Por eso, entre otras explicaciones, hallamos una escritura que, valiéndose de

la ironía y de un registro desnudo de retóricas, presenta el drama en su doble

dimensión, es decir, como hecho de mundo casi irrepresentable y como palabra

insuficiente. En este caso, como en algunas otras escrituras,

 

presentimos la exigencia del texto de la catástrofe. Pero esto significa también

la catástrofe del texto mismo. Necesidad del texto que narra o exhibe su propia

imposibilidad de cerrarse” (Rojas, 2000: 181).

 

 

Lo interesante en este caso es que esa imposibilidad es presentada como tensión,

como esa “risa loca” que es a un tiempo impotencia y rebeldía.

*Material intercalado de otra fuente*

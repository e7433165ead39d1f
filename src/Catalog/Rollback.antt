-- ===== src/Catalog/Rollback.antt =====
-- internal/catalog/release_rollback.go and file_catalog.go: the normal form of a loaded catalog, and
-- the rollback of an app to an earlier release.
use windforce_lite.Prelude.{
  not, Bool, true, ◌&&◌, ◌||◌, Option, none, some, List, [], ◌∷◌, ◌++◌, if◌then◌else◌, is_nil,
}
use windforce_lite.Str.{Str, str, str_eq, trim_space}
use windforce_lite.Table.{Table, get, put}
use windforce_lite.Contract.{
  Deployment, normalize_workspace, source_workspace, source_git_source_id,
}
use windforce_lite.State.Types.{
  Time, non_zero_time, release_not_found, release_already_active, invalid_rollback,
}
use windforce_lite.State.Result.{Result, ok, ◌>>=◌, ◌>>◌, guard, or_fail}
use windforce_lite.Catalog.{
  AuditRecord, DeploymentHistory, CatalogSnapshot, deployment_key, source_release_key,
}
use windforce_lite.Catalog.Publish.{normalize_deployment_defaults, prepare_audit_record}

normalized_key : Str → Deployment → Str
normalized_key key d = if is_nil d.app then key else deployment_key (source_workspace d) d.app

-- The loop of normalizeDeploymentMap, into a new map.
normalize_loop : Table Deployment → Table Deployment → Table Deployment
unfolding normalized_key
normalize_loop [] normalized = normalized
normalize_loop ((key, d) ∷ rest) normalized = normalize_loop rest (
    put (normalized_key key (normalize_deployment_defaults d)) (normalize_deployment_defaults d)
      normalized)

unfoldable pub normalize_deployment_map : Table Deployment → Table Deployment
unfolding normalize_loop
normalize_deployment_map deployments = normalize_loop deployments []

-- Two deployment ids decide where both are there; otherwise the commit and the bundle do.
unfoldable pub matches_published_deployment : Deployment → DeploymentHistory → Bool
matches_published_deployment d history =
    let by_content =
      str_eq d.commit history.commit
      && (if not (is_nil d.bundle_digest) || not (is_nil history.deployment.bundle_digest)
          then str_eq d.bundle_digest history.deployment.bundle_digest
          else true) in
    elim d.deployment_id [
      | none ↦ by_content
      | some own ↦ elim history.deployment_id [
        | none ↦ by_content
        | some theirs ↦ not (is_nil (trim_space own)) && str_eq own theirs
      ]
    ]

-- The latest release of the list that is the deployment's, where the list has the oldest first.
unfoldable pub latest_published : Str → Deployment → List DeploymentHistory → Option Str
unfolding matches_published_deployment
latest_published key d [] = none
latest_published key d (history ∷ rest) = elim (latest_published key d rest) [
  | some id ↦ some id
  | none ↦
      if str_eq (deployment_key history.workspace history.app) key
        && matches_published_deployment d history
      then some history.id
      else none
]

abbrev pub text_or_empty : Option Str → Str
text_or_empty none = []
text_or_empty (some s) = s

abbrev pub put_found : Str → Option Str → Table Str → Table Str
put_found key none ids = ids
put_found key (some id) ids = put key id ids

unfoldable pub backfill_active_history_ids :
    List DeploymentHistory → Table Deployment → Table Str → Table Str
unfolding latest_published
backfill_active_history_ids history [] ids = ids
backfill_active_history_ids history ((key, d) ∷ deployments) ids =
    backfill_active_history_ids history deployments (
      if not (is_nil (trim_space (text_or_empty (get key ids))))
      then ids
      else put_found key (latest_published key d history) ids)

unfoldable pub normalize_snapshot : CatalogSnapshot → CatalogSnapshot
normalize_snapshot s = record s {
  deployments = normalize_deployment_map s.deployments;
  active_history_ids =
      backfill_active_history_ids s.history (normalize_deployment_map s.deployments)
        s.active_history_ids;
}

pub record ReleaseRollbackRequest : Type 0 where
  pub workspace : Str
  pub app : Str
  pub release_id : Str
  pub actor : Str
  pub reason : Str
  pub rolled_back_at : Time

pub record ReleaseRollbackResult : Type 0 where
  pub target : DeploymentHistory
  pub previous_release_id : Str
  pub previous_commit : Str
  pub reason : Str
  pub rolled_back_at : Time
  pub audit : AuditRecord

unfoldable pub is_release : Str → Str → Str → DeploymentHistory → Bool
is_release workspace app release_id history =
    str_eq (normalize_workspace history.workspace) workspace
    && str_eq history.app app
    && str_eq history.id release_id

-- The loop of FindRelease.
unfoldable pub first_release : Str → Str → Str → List DeploymentHistory → Option DeploymentHistory
first_release workspace app release_id [] = none
first_release workspace app release_id (history ∷ rest) =
    if is_release workspace app release_id history
    then some history
    else first_release workspace app release_id rest

unfoldable pub find_release : CatalogSnapshot → Str → Str → Str → Result DeploymentHistory
find_release s workspace app release_id =
    or_fail
      (first_release (normalize_workspace workspace) (trim_space app) (trim_space release_id)
        s.history)
      release_not_found

abbrev pub prepared_request : ReleaseRollbackRequest → Time → ReleaseRollbackRequest
prepared_request q now = record {
  workspace = normalize_workspace q.workspace;
  app = trim_space q.app;
  release_id = trim_space q.release_id;
  actor = trim_space q.actor;
  reason = trim_space q.reason;
  rolled_back_at = non_zero_time q.rolled_back_at now;
}

unfoldable pub prepare_release_rollback_request :
    ReleaseRollbackRequest → Time → Result ReleaseRollbackRequest
prepare_release_rollback_request q now = do
  guard
      (not (is_nil (trim_space q.app))
        && not (is_nil (trim_space q.release_id))
        && not (is_nil (trim_space q.actor))
        && not (is_nil (trim_space q.reason)))
      invalid_rollback
  ok (prepared_request q now)

-- The package's firstNonEmpty, which trims.
unfoldable pub first_trimmed : List Str → Str
first_trimmed [] = []
first_trimmed (value ∷ values) =
    if is_nil (trim_space value) then first_trimmed values else trim_space value

unfoldable pub release_git_source_id : DeploymentHistory → Str
unfolding first_trimmed
release_git_source_id history =
    first_trimmed (history.git_source_id ∷ source_git_source_id history.deployment ∷ [])

unfoldable pub empty_as_none : Str → Str
empty_as_none value = if is_nil (trim_space value) then str "none" else trim_space value

-- `fresh` is what newAppVersionID draws.
unfoldable pub new_release_rollback_result :
    Str → DeploymentHistory → Str → Str → ReleaseRollbackRequest → ReleaseRollbackResult
new_release_rollback_result fresh target previous_release_id previous_commit q = record {
  target = target;
  previous_release_id = previous_release_id;
  previous_commit = previous_commit;
  reason = q.reason;
  rolled_back_at = q.rolled_back_at;
  audit =
      prepare_audit_record fresh
        (record {
          id = [];
          workspace = q.workspace;
          git_source_id = release_git_source_id target;
          app = q.app;
          kind = str "release_rolled_back";
          detail =
              str "active release "
              ++ (empty_as_none previous_release_id
                  ++ (str " -> " ++ (target.id ++ (str "; reason: " ++ q.reason))));
          actor = q.actor;
          created_at = q.rolled_back_at;
        })
        q.rolled_back_at;
}

abbrev pub commit_of : Option Deployment → Str
commit_of none = []
commit_of (some d) = d.commit

-- The writes of ApplyReleaseRollback.
unfoldable pub switch_release :
    CatalogSnapshot
    → ReleaseRollbackRequest
    → DeploymentHistory
    → ReleaseRollbackResult
    → CatalogSnapshot
switch_release s q target result = record s {
  deployments = put (deployment_key q.workspace q.app) target.deployment s.deployments;
  active_history_ids = put (deployment_key q.workspace q.app) target.id s.active_history_ids;
  source_markers =
      put (source_release_key q.workspace (release_git_source_id target))
        (record {
          workspace = q.workspace;
          git_source_id = release_git_source_id target;
          commit = target.commit;
          released_at = q.rolled_back_at;
        })
        s.source_markers;
  audit = s.audit ++ result.audit ∷ [];
}

-- The rollback of a normalized catalog by a prepared request.
unfoldable pub roll_back :
    Str
    → CatalogSnapshot
    → ReleaseRollbackRequest
    → Result (CatalogSnapshot × ReleaseRollbackResult)
roll_back fresh s q = do
  target ← find_release s q.workspace q.app q.release_id
  let previous_id = text_or_empty (get (deployment_key q.workspace q.app) s.active_history_ids)
  guard (not (str_eq previous_id target.id)) release_already_active
  let previous_commit = commit_of (get (deployment_key q.workspace q.app) s.deployments)
  let result = new_release_rollback_result fresh target previous_id previous_commit q
  ok (switch_release s q target result, result)

unfoldable pub apply_release_rollback :
    Str
    → CatalogSnapshot
    → ReleaseRollbackRequest
    → Time
    → Result (CatalogSnapshot × ReleaseRollbackResult)
apply_release_rollback fresh s request now = do
  q ← prepare_release_rollback_request request now
  roll_back fresh (normalize_snapshot s) q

No es un texto que se vuelque sobre su propio decir en olvido del mundo que lo sustenta,

sino más bien de una escritura que evidencia las fisuras tanto de su decir como

de su referente en crisis.

 

Por ello leemos poemas despojados de emoción, de marcas enunciativas, de emociones

apelantes de identificación y tenemos entre manos una impiadosa mirada que habita la im-

posibilidad de mantener el ojo en el miedo, en la acechanza de lo real cuando rebasa toda

comprensión dejándonos sin palabras. Evidencia, de este modo, la ausencia en un discurso

ya iniciado por otro soberano de la palabra.

Interrupción de la lógica predominante del discurso, sea ésta la de la represión o

de la reparación.

 

Las dificultades de significar el pasado desde hoy, de verlo como fue en su

dureza y en su error, exhiben un doloroso más allá del lenguaje y del entendimiento

al que debe resignarse todo testigo, todo sobreviviente, todo escritor.

Y aun así, ningún desasosiego, por el contrario la risa loca que mira, sin bajar

los ojos ni llorar ni explicar, mira de frente el viento que arrastra los sombreros

de tantas esperanzas, ilusiones y vidas perdidas. Al reírse, la mirada del testigo

dignifica lo mirado, le devuelve su nombre, su identidad y aun en las fosas comunes,

simbólica y piadosamente, le cierra los ojos al pasado.

 

 

 

 

 

referencias bibliográficas

 

 

 

1. Agamben, Lo que queda de Auschwitz, Pretextos, Valencia, 2005.

2. Rojas, Sergio “Cuerpo, lenguaje y desaparición”, en Nelly Richards (editora), Políticas y estéticas de la

memoria, Cuarto Propio, Santiago, 2000.

3. Slawomirski, Jerzy, “Prólogo” a Paisaje con grano de arena. Barcelona: Lumen 1997.

4. Szymborska, Wislawa, Paisaje con grano de arena, Lumen, Barcelona, 1997.

5. Todorov. Tzvetan, Los abusos de la memoria, Paidós, Barcelona, 2000.